Visayas Grid Under Yellow Alert as Power Plant Outages Strip 857 MW

Photo: NGCP / Facebook

The National Grid Corporation of the Philippines (NGCP) has officially placed the Visayas power grid under yellow alert status due to a severe contraction in power reserves. Unplanned forced outages and reduced output across multiple power plants stripped a combined 857.2 MW of electricity from the regional grid. Operating margins have dropped to precarious levels, prompting warnings of potential rotational brownouts.

The grid operator scheduled the yellow alert to take effect from 5:00 PM to 9:00 PM. This timeframe coincides directly with the region's evening peak demand hours, when electricity usage routinely spikes as households and commercial establishments simultaneously activate major appliances.

Critical Supply Deficit

Data released by the NGCP reveals a slim operating buffer during the alert window:

Available Generating Capacity: 2,580 MW

Projected Peak Demand: 2,423 MW

Net Operating Margin: 157 MW

A yellow alert indicates that the grid's operating margin is completely insufficient to meet its standard contingency requirements. If any additional generation units fail while reserves are this thin, the system will rapidly escalate to a red alert. This escalation triggers mandatory manual load dropping—commonly known as rolling brownouts—to protect the integrity of the bulk transmission network from a total system collapse.

Outages Compound Long-Term Strain

The ongoing generation crisis stems from a combination of sudden technical failures and chronic generation deficits. According to the NGCP, the immediate trigger for the yellow alert includes the major forced outages of three dominant regional power units:

Therma Visayas Inc. (TVI) Unit 1 (169 MW)

Therma Visayas Inc. (TVI) Unit 2 (169 MW)

Panay Energy Development Corporation (PEDC) Unit 3 (150 MW)

The current grid pressure is severely compounded by unaddressed long-term outages. A total of 20 power plants remain completely offline across the Visayas grid network. This includes 11 facilities that went down in March 2026, four offline since 2025, two since 2024, two since 2023, and one generation plant that has remained entirely unavailable since 2021. An additional 12 power plants are running on derated capacities, further depressing the grid's potential output.

Mitigation and Conservation

Energy authorities are monitoring the situation to determine if power transfers from neighboring regions can help bridge the current deficit. However, the grid's stability heavily relies on demand-side management during high-load hours.
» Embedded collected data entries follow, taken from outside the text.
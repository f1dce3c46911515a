-- ===== src/Tfs/Blob.antt =====
-- fs/tablefs.cpp: Write and Read where the data of a file moves to the disk.
use Prim.Native.Nat.{bit_and}
use tablefs.Base.{
  ℕ, ◌<◌, ◌≡◌, refl, sym, ap, ◌∙◌, true, some, List, [], ◌∷◌, arith, if◌then◌else◌, nat_beq,
  take_of_length-le, length, take, drop, Bool-cases, inl, inr,
}
use mathlib.Core.Path.{subst}
use tablefs.Base.Int.{pos}
use tablefs.Value.{InodeValue, update_ihandle_value, drop_inline_data, data_start}
use tablefs.Value.Data.{IsLaidOut, drop_inline_data-IsLaidOut, content_behind}
use tablefs.Value.Bytes.{update_ihandle_value-nil}
use tablefs.Platform.{Platform, Ptr, Call, gives}
use tablefs.Platform.Files.{FileLaws, trunc_or_append}
use tablefs.Icache.{InodeCacheHandle, handle_at, set_handle}
use tablefs.Icache.Heap.{handle_at-set_handle}
use tablefs.Tfs.{TableFs, data_dir, data_file}
use tablefs.Tfs.Disk.{set_disk, move_inline_data}
use tablefs.Tfs.Inline.{IsInline}

empty_of_length : (xs : List ℕ) → length xs ≡ 0 → xs ≡ []
empty_of_length [] h = refl
empty_of_length (x ∷ xs) h = absurd (omega arith)

module _ {P : Platform} (laws : FileLaws P) where
  open laws use {file_content, is_open}
  open P use {Disk, disk_create, disk_pwrite, disk_pread}

  -- A file on the disk: the value holds the name and no data, and the size, above the threshold,
  -- of what the file of its number holds.
  pub record IsBlob (threshold : ℕ) (disk : Disk) (v : InodeValue) (name content : List ℕ)
      : Type 0 where
    pub laid : IsLaidOut v name []
    pub blob : v.header.has_blob ≡ 1
    pub sized : v.header.fstat.st_size ≡ length content
    pub large : threshold < length content
    pub on_disk :
        file_content (data_dir v.header.fstat.st_ino) (data_file v.header.fstat.st_ino) disk
        ≡ content

  -- The write of the data of the table to a new file, which is left out where there is none.
  abbrev pub FirstWrite : ℕ → List ℕ → Disk → Disk → Type 0
  FirstWrite fd content k k' =
      (if nat_beq (length content) 0 then (gives 0, k) else disk_pwrite fd content 0 k)
      ≡ (gives (length content), k')

  FirstWrite_lem :
      (fd d f : ℕ) (content : List ℕ) (k k' : Disk)
      → is_open fd d f k ≡ true
      → file_content d f k ≡ []
      → FirstWrite fd content k k'
      → (is_open fd d f k' ≡ true) × (file_content d f k' ≡ content)
  FirstWrite_lem fd d f content k k' opened fresh wrote =
      elim (Bool-cases (nat_beq (length content) 0)) [
        | inl empty ↦
            let none_left : content ≡ [] = empty_of_length content (ground (arith, empty)) in
            let moved : (gives 0, k) ≡ (gives (length content), k') = rw empty at wrote in
            let same : k ≡ k' = ap (λ (o : Call ℕ × Disk). o.1) moved in
            (
              subst (λ (o : Disk). is_open fd d f o ≡ true) same opened,
              subst (λ (o : Disk). file_content d f o ≡ content) same (fresh ∙ sym none_left),
            )
        | inr filled ↦
            let written : disk_pwrite fd content 0 k ≡ (gives (length content), k') =
              rw filled at wrote in
            let (still, now) =
              laws.pwrite_writes fd d f 0 content k k' opened (ground (arith, filled)) written in
            (
              still,
              now ∙ ap (update_ihandle_value 0 content) fresh ∙ update_ihandle_value-nil content,
            )
      ]

  -- What the move of the inline data to a descriptor of an empty file leaves.
  pub record IsMoved (p : Ptr) (s : TableFs P) (h : InodeCacheHandle P) (name : List ℕ) (k : Disk)
      (t : TableFs P) : Type 0 where
    pub handle : InodeCacheHandle P
    pub here : handle_at P p t.inode_cache ≡ some handle
    pub laid : IsLaidOut handle.value_ name []
    pub same_header : handle.value_.header ≡ h.value_.header
    pub same_mode : handle.mode_ ≡ h.mode_
    pub state_is : t.state_ ≡ record (s.state_) { disk = k }

  pub move_inline_data-IsMoved :
      {threshold : ℕ} {name content : List ℕ} (p : Ptr) (fd : ℕ) (s : TableFs P)
      (h : InodeCacheHandle P) (k : Disk)
      → handle_at P p s.inode_cache ≡ some h
      → IsInline threshold h.value_ name content
      → FirstWrite fd content s.state_.disk k
      → (t : TableFs P) × (move_inline_data P p fd s ≡ some (pos 0, t)) × IsMoved p s h name k t
  unfolding move_inline_data drop_inline_data
  move_inline_data-IsMoved {name} {content} p fd s h k here i wrote =
      let behind = content_behind i.laid in
      let buffer : take h.value_.header.fstat.st_size (drop (data_start h.value_) h.value_.bytes)
          ≡ content =
        ap (take h.value_.header.fstat.st_size) behind
        ∙ take_of_length-le h.value_.header.fstat.st_size content (omega (arith, i.sized)) in
      elim (Bool-cases (nat_beq (length content) 0)) [
        | inl empty ↦
            let none_left : content ≡ [] = empty_of_length content (ground (arith, empty)) in
            let moved : ◌≡◌ {A = Call ℕ × Disk} (gives 0, s.state_.disk)
                (gives (length content), k) =
              rw empty at wrote in
            let same : s.state_.disk ≡ k = ap (λ (o : Call ℕ × Disk). o.1) moved in
            (
              s,
              ground (arith, here, i.sized, empty),
              record {
                handle = h;
                here = here;
                laid = subst (IsLaidOut h.value_ name) none_left i.laid;
                same_header = refl;
                same_mode = refl;
                state_is = ap (λ (d : Disk). record (s.state_) { disk = d }) same;
              },
            )
        | inr filled ↦
            let h' = record h { value_ = drop_inline_data h.value_ } in
            let c = set_handle P p h' s.inode_cache in
            let written : disk_pwrite fd content 0 s.state_.disk ≡ (gives (length content), k) =
              rw filled at wrote in
            (
              set_disk P k (record s { inode_cache = c }),
              ground (arith, here, i.sized, filled, buffer, written),
              record {
                handle = h';
                here = ground (arith, handle_at-set_handle p p h' s.inode_cache);
                laid = drop_inline_data-IsLaidOut i.laid;
                same_header = refl;
                same_mode = refl;
                state_is = refl;
              },
            )
      ]

  -- The descriptor that is opened, and what the disk is after each call.
  pub record Migrates (flags at : ℕ) (buf content : List ℕ) (v : InodeValue) (k : Disk) (fd : ℕ)
      (k3 : Disk) : Type 0 where
    pub opened_disk : Disk
    pub moved_disk : Disk
    pub creates :
        disk_create
          (data_dir v.header.fstat.st_ino)
          (data_file v.header.fstat.st_ino)
          flags
          v.header.fstat.st_mode
          k
        ≡ (gives fd, opened_disk)
    pub moves : FirstWrite fd content opened_disk moved_disk
    pub writes : disk_pwrite fd buf at moved_disk ≡ (gives (length buf), k3)

  -- What the disk then holds.
  pub migrated_content :
      (flags at : ℕ) (buf content : List ℕ) (v : InodeValue) (k : Disk) (fd : ℕ) (k3 : Disk)
      → bit_and flags trunc_or_append ≡ 0
      → 0 < length buf
      → file_content (data_dir v.header.fstat.st_ino) (data_file v.header.fstat.st_ino) k ≡ []
      → Migrates flags at buf content v k fd k3
      → (is_open fd (data_dir v.header.fstat.st_ino) (data_file v.header.fstat.st_ino) k3 ≡ true)
        × (file_content (data_dir v.header.fstat.st_ino) (data_file v.header.fstat.st_ino) k3
            ≡ update_ihandle_value at buf content)
  migrated_content flags at buf content v k fd k3 plain some_bytes fresh m =
      let d = data_dir v.header.fstat.st_ino in
      let f = data_file v.header.fstat.st_ino in
      let (open1, same1) =
        laws.create_opens d f flags v.header.fstat.st_mode fd k m.opened_disk plain m.creates in
      let moved : (is_open fd d f m.moved_disk ≡ true) × (file_content d f m.moved_disk ≡ content) =
        FirstWrite_lem fd d f content m.opened_disk m.moved_disk open1 (same1 ∙ fresh) m.moves in
      let (open3, same3) =
        laws.pwrite_writes fd d f at buf m.moved_disk k3 moved.0 some_bytes m.writes in
      (open3, same3 ∙ ap (update_ihandle_value at buf) moved.1)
The Department of Energy (DOE) and the NGCP are strongly urging industrial facilities, commercial establishments, and the general public to practice strict energy conservation measures. Consumers are advised to defer the use of heavy cooling systems and non-essential appliances throughout the designated evening peak hours to help keep the grid operational and prevent widespread power disruptions.